The present invention refers to semiconductor devices with integrated coils and to a method for manufacturing semiconductor devices with integrated coils.
There exist semiconductor devices or chips capable of wireless radio frequency communication of data with outer devices. A known example of such radio frequency communicating semiconductor devices are so called Radio Frequency Identification (RFID) transponder, chips, labels or tags. An RFID label or tag is basically an RFID transponder that is embedded with an integrated circuit and an antenna. These wirelessly communicating RFID devices are usually equipped with integrated coils for providing a wireless data communication and/or wireless electrical power transmission from external sources to internal circuits of the semiconductor device.
The integrated coils can be used as a radiating element to wirelessly exchange data between the semiconductor device and outer devices. Furthermore, the integrated coils can be used for wireless electrical power transmission. This is achieved in an inductive manner, wherein an electromagnetic field generated by an external device causes an electric current in the coils integrated in the semiconductor device. The current produced by the integrated coils is then provided to the integrated circuits of the semiconductor device or other power consuming elements of the RFID chip or tag.

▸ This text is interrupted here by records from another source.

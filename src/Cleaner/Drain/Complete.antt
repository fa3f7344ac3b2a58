-- ===== src/Cleaner/Drain/Complete.antt =====
-- internal/cleaner/cleaner.go: drainChat deletes every message that is due, pass by pass.
use langolier_bot.Base.{
  ℕ, zero, suc, ◌+◌, ◌*◌, ◌-◌, ◌≤◌, ◌<◌, true, false, Option, none, List, [], ◌∷◌, ◌++◌, ◌≡◌, refl,
  sym, ap, ◌∙◌, subst, arith, length, take, drop, All, take-append-drop, length-drop, length_cut,
  ◌⊎◌, inl, inr,
}
use mathlib.Core.List.{append-nil}
use native.Mathlib.Nat.{suc-mul}
use langolier_bot.Base.Int.{ℤ, pos, leb_ℤ}
use langolier_bot.Base.Text.{Text}
use langolier_bot.Base.Calls.{Visit}
use langolier_bot.Chatcfg.Config.{ttl}
use langolier_bot.Chatcfg.Store.{Store, get}
use langolier_bot.Tgclient.Group.{Group}
use langolier_bot.Tgclient.Scan.History.{IsHistory, All-split}
use langolier_bot.Cleaner.Env.{Tg, Host}
use langolier_bot.Cleaner.State.{Cleaner, mark_active}
use langolier_bot.Cleaner.Sweep.{Report, is_due}
use langolier_bot.Cleaner.Drain.{
  drain_pass, drain_loop, drain_chat, max_drain_passes, Pass, stop, again, no_report, resolve_group,
}
use langolier_bot.Cleaner.Drain.Windows.{take_window, IsHistory-left}
use langolier_bot.Cleaner.Drain.Passes.{IsQuiet, AlwaysDue, Ends, Stops, pass-Ends, last-Stops}

module _ {W : Type 0} (tg : Tg W) (host : Host W) (marked : ℤ) (g : Group) (window : ℕ)
    (own : W → List Visit) (s : IsQuiet tg host marked g window own) (t : ℤ)
    (young : List Visit) where
  -- A drain has ended without an error, has deleted `n` messages, and has left the young ones.
  abbrev Drained : ℕ → (Report × Option Text) × Cleaner × W → Type 0
  Drained n r = (r.0.1 ≡ none) × (r.0.0.deleted ≡ n) × (own r.2 ≡ young)

  abbrev after_pass : ℕ → Pass W → (Report × Option Text) × Cleaner × W
  after_pass left p = elim p [
    | stop rep err c w ↦ ((rep, err), c, w)
    | again rep oldest c w ↦ drain_loop tg host left g marked t oldest rep c w
  ]

  after_stop-Drained :
      (left : ℕ) (n : ℕ) (p : Pass W)
      → Stops tg host marked g window own s young n p
      → Drained n (after_pass left p)
  after_stop-Drained left n (stop rep err c w) h = h
  after_stop-Drained left n (again rep oldest c w) h = absurd h

  after_again-Drained :
      (left : ℕ) (rest : List Visit) (n m : ℕ) (p : Pass W)
      → Ends tg host marked g window own s (young ++ rest) rest n p
      → ((rep : Report) (oldest : ℕ) (c : Cleaner) (w : W)
          → rep.deleted ≡ n
          → own w ≡ young ++ rest
          → All (λ (v : Visit). v.0 < oldest) rest
          → Drained m (drain_loop tg host left g marked t oldest rep c w))
      → Drained m (after_pass left p)
  after_again-Drained left rest n m (stop rep err c w) h rec = absurd h
  after_again-Drained left rest n m (again rep oldest c w) h rec = rec rep oldest c w h.0 h.1 h.2

  -- The due messages that are left, and what is known of them before a pass.
  abbrev Remains : ℕ → ℕ → List Visit → W → Type 0
  Remains left prev due w =
      (own w ≡ young ++ due)
      × IsHistory (young ++ due)
      × AlwaysDue host t true due
      × (length due ≤ left * (window - length young))
      × ((prev ≡ 0) ⊎ All (λ (v : Visit). v.0 < prev) due)

  module _ (lt : length young < window) (hy : AlwaysDue host t false young) where
    -- What a pass over the due messages `d ∷ more` leaves for the passes that follow.
    rest-Remains :
        (left prev k : ℕ) (d : Visit) (ds : List Visit) (w w' : W) (oldest : ℕ)
        → window - length young ≡ suc k
        → Remains (suc left) prev (d ∷ ds) w
        → own w' ≡ young ++ drop k ds
        → All (λ (v : Visit). v.0 < oldest) (drop k ds)
        → Remains left oldest (drop k ds) w'
    rest-Remains left prev k d ds w w' oldest size (o, h, hd, le, q) o' q' =
        let cut = sym (take-append-drop k ds) in
        (
          o',
          IsHistory-left young (d ∷ take k ds) (drop k ds)
              (subst (λ x. IsHistory (young ++ (d ∷ x))) cut h),
          λ u.
              (All-split (λ (v : Visit). is_due t (host.now u) v.1 ≡ true) (take k ds) (drop k ds)
                (subst (All (λ (v : Visit). is_due t (host.now u) v.1 ≡ true)) cut (hd u).1)).1,
          omega (arith, length-drop k ds, suc-mul left (window - length young)),
          inr q',
        )

    drain_loop-Drained :
        (left prev : ℕ) (due : List Visit) (rep : Report) (c : Cleaner) (w : W)
        → Remains left prev due w
        → Drained (rep.deleted + length due) (drain_loop tg host left g marked t prev rep c w)
    unfolding drain_loop
    drain_loop-Drained zero prev [] rep c w r = (refl, omega arith, r.0 ∙ append-nil young)
    drain_loop-Drained zero prev (d ∷ ds) rep c w r = absurd (omega (arith, r.3))
    drain_loop-Drained (suc left) prev [] rep c w r =
        after_stop-Drained left (rep.deleted + 0) (drain_pass tg host g marked t prev rep c w) (
          subst
            (λ n.
              Stops tg host marked g window own s young n
                (drain_pass tg host g marked t prev rep c w))
            (omega arith)
            (last-Stops tg host marked g window own s young t prev rep c w (omega arith) hy r.0))
    drain_loop-Drained (suc left) prev (d ∷ ds) rep c w r =
        let k = window - length young - 1 in
        let size : (window - length young ≡ suc k) = omega arith in
        let cut = sym (take-append-drop k ds) in
        after_again-Drained left (drop k ds) (rep.deleted + suc (length (take k ds)))
          (rep.deleted + suc (length ds)) (drain_pass tg host g marked t prev rep c w)
          (pass-Ends tg host marked g window own s young (take k ds) (drop k ds) d t
            (subst (λ x. IsHistory (young ++ (d ∷ x))) cut r.1) hy
            (λ u. (
              (r.2 u).0,
              (All-split (λ (v : Visit). is_due t (host.now u) v.1 ≡ true) (take k ds) (drop k ds)
                  (subst (All (λ (v : Visit). is_due t (host.now u) v.1 ≡ true)) cut (r.2 u).1)).0,
            ))
            prev rep c w (r.0 ∙ ap (λ x. young ++ (d ∷ x)) cut)
            (rw r.0 (
              take_window window young (d ∷ ds) (omega arith)
              ∙ ap (λ n. young ++ take n (d ∷ ds)) size))
            (elim r.4 [ inl z ↦ inl z | inr q ↦ inr q.0 ]))
          (λ rep' oldest c' w' e o q.
            subst (λ n. Drained n (drain_loop tg host left g marked t oldest rep' c' w'))
              (omega (arith, e, length_cut k ds))
              (drain_loop-Drained left oldest (drop k ds) rep' c' w'
                (rest-Remains left prev k d ds w w' oldest size r o q)))

-- A chat with a positive TTL has some messages that are due, whatever the clock shows, and newer ones
-- that never are. The search shows the newest `window` messages, more than the young ones; the server
-- deletes what it is asked to delete; nothing else changes the messages, and no context is done. If
-- there are no more due messages than fifty times what a search shows beside the young ones, then a
-- drain ends without an error, its report counts every due message, and the young ones are left.
pub drain_chat_complete :
    {W : Type 0} (tg : Tg W) (host : Host W) (cfg : Store) (marked : ℤ) (g : Group) (window : ℕ)
    (own : W → List Visit) (young due : List Visit) (c : Cleaner) (w : W)
    → IsQuiet tg host marked g window own
    → leb_ℤ (ttl (get cfg marked)) (pos 0) ≡ false
    → own w ≡ young ++ due
    → IsHistory (young ++ due)
    → AlwaysDue host (ttl (get cfg marked)) false young
    → AlwaysDue host (ttl (get cfg marked)) true due
    → length young < window
    → length due ≤ max_drain_passes * (window - length young)
    → let r = drain_chat tg host cfg marked c w in
      (r.0.1 ≡ none) × (r.0.0.deleted ≡ length due) × (own r.2 ≡ young)
unfolding drain_chat resolve_group
drain_chat_complete tg host cfg marked g window own young due c w s t o h hy hd lt le =
    rw (s.finds w, t, drain_chat, resolve_group)
      (let (ok, counted, left) =
          drain_loop-Drained tg host marked g window own s (ttl (get cfg marked)) young lt hy
            max_drain_passes 0 due (record no_report { title = g.title }) (mark_active marked c) w
            (o, h, hd, le, inl refl) in
        (ok, counted ∙ omega arith, left))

An RFID tag couples a radiating element, which may include a coil or antenna, to an integrated circuit without a physical conductor. The integrated circuit can be affixed to a substrate having the antenna in such a way that the circuit chip coil is inductively coupled to the antenna coil. When the RFID tag is excited via the antenna to an external electromagnetic field, the inductive coupling between the antenna and the external electromagnetic field can cause both signaling and power to couple from the antenna to the circuit chip coil without a physical conductor connecting the antenna to the RFID tag integrated circuit.
The integrated circuit of an RFID tag can be encrypted with a unique electronic product code that may identify the tagged item from any other item. When a tag comes within the range of an RFID reader, proprietary information can be passed on through an antenna to the reader, which then can feed the data to a central computer for processing.
There are active and passive RFID tags known. Passive RFID tags receive their power for operation from the external magnetic field and the current it induces into the integrated coil in the RFID tag. Active RFID tags may include internal power sources, e.g., batteries or accumulators to provide power supply for operating the power consuming elements of the RFID tag. Inductive RFID tags are powered by the magnetic field produced by a reader. The tag's antenna picks up magnetic energy, and the tag interacts with the reader. The tag then adjusts the magnetic field for retrieving and transmitting data back to the reader, and the reader directs that data to the host computer.
There exist two types of passive RFID tags, namely inductively coupled RFID tags, and capacitively coupled RFID tags. An inductively coupled RFID tag usually includes three parts, namely silicon microprocessor, metal coil, and encapsulating material. Silicon microprocessor chips differ in size, depending on their purpose.
A metal coil can be made, for instance, of copper or aluminum wire, wound into a circular pattern on a transponder, and acts as the tag's antenna. The RFID tag sends out signals to a reader, whereas the read distance depends on the size of the coil antenna. The elements of an RFID tag can be molded into an encapsulating material, e.g., some polymer material or glass that wraps around the chip and coil.
Capacitively coupled RFID tags have been manufactured in order to reduce the cost of radio-tag systems. These tags get rid of metal coil and utilize a little quantity of silicon to accomplish the same function as that of an inductively coupled tag. A capacitively coupled tag also has three components, namely silicon microprocessor, conductive carbon ink, and paper. A capacitively coupled tag can store a number of bits of information that would allow for a large amount of distinct numbers, and these numbers can be assigned to goods.
Conductive carbon ink is a special ink that can act as the tag's antenna. This ink is applied to the paper substrate by using usual printing techniques. A silicon chip can be affixed to printed carbon-ink electrodes on the back of a paper label, to create an inexpensive, disposable tag that can be integrated on conventional product labels.
In previous RFID semiconductor devices or chips integrated coils require substantial space on the chip and therefore cause large size of the RFID semiconductor devices and correspondingly additional costs to the production. In previous solutions, e.g., in a device known as SPT5 CT, the coils are implemented as concentric spirals by using metal lines in back-end-of-line (BEOL) applications. In such known devices the coils contribute to the required chip area with more than 50%.
Parts of a semiconductor device 1 with integrated coils 3 according to the state of the art is shown in FIG. 1. In this prior art semiconductor device 1 the chip area 2 has a square shape, and the integrated coils 3 are designed as a coil pair with circular shaped areas. The integrated coils 3 are contacted via electrical connections 4 to apply electrical voltage pulses to the coils for wireless data transmission or to gather inductively induced current from the coils 3 to provide power to the power requiring elements of the device. In this known device the integrated coils are arranged in one layer adjacent to each other and cover a bigger part, i.e. more than half of the chip area 2.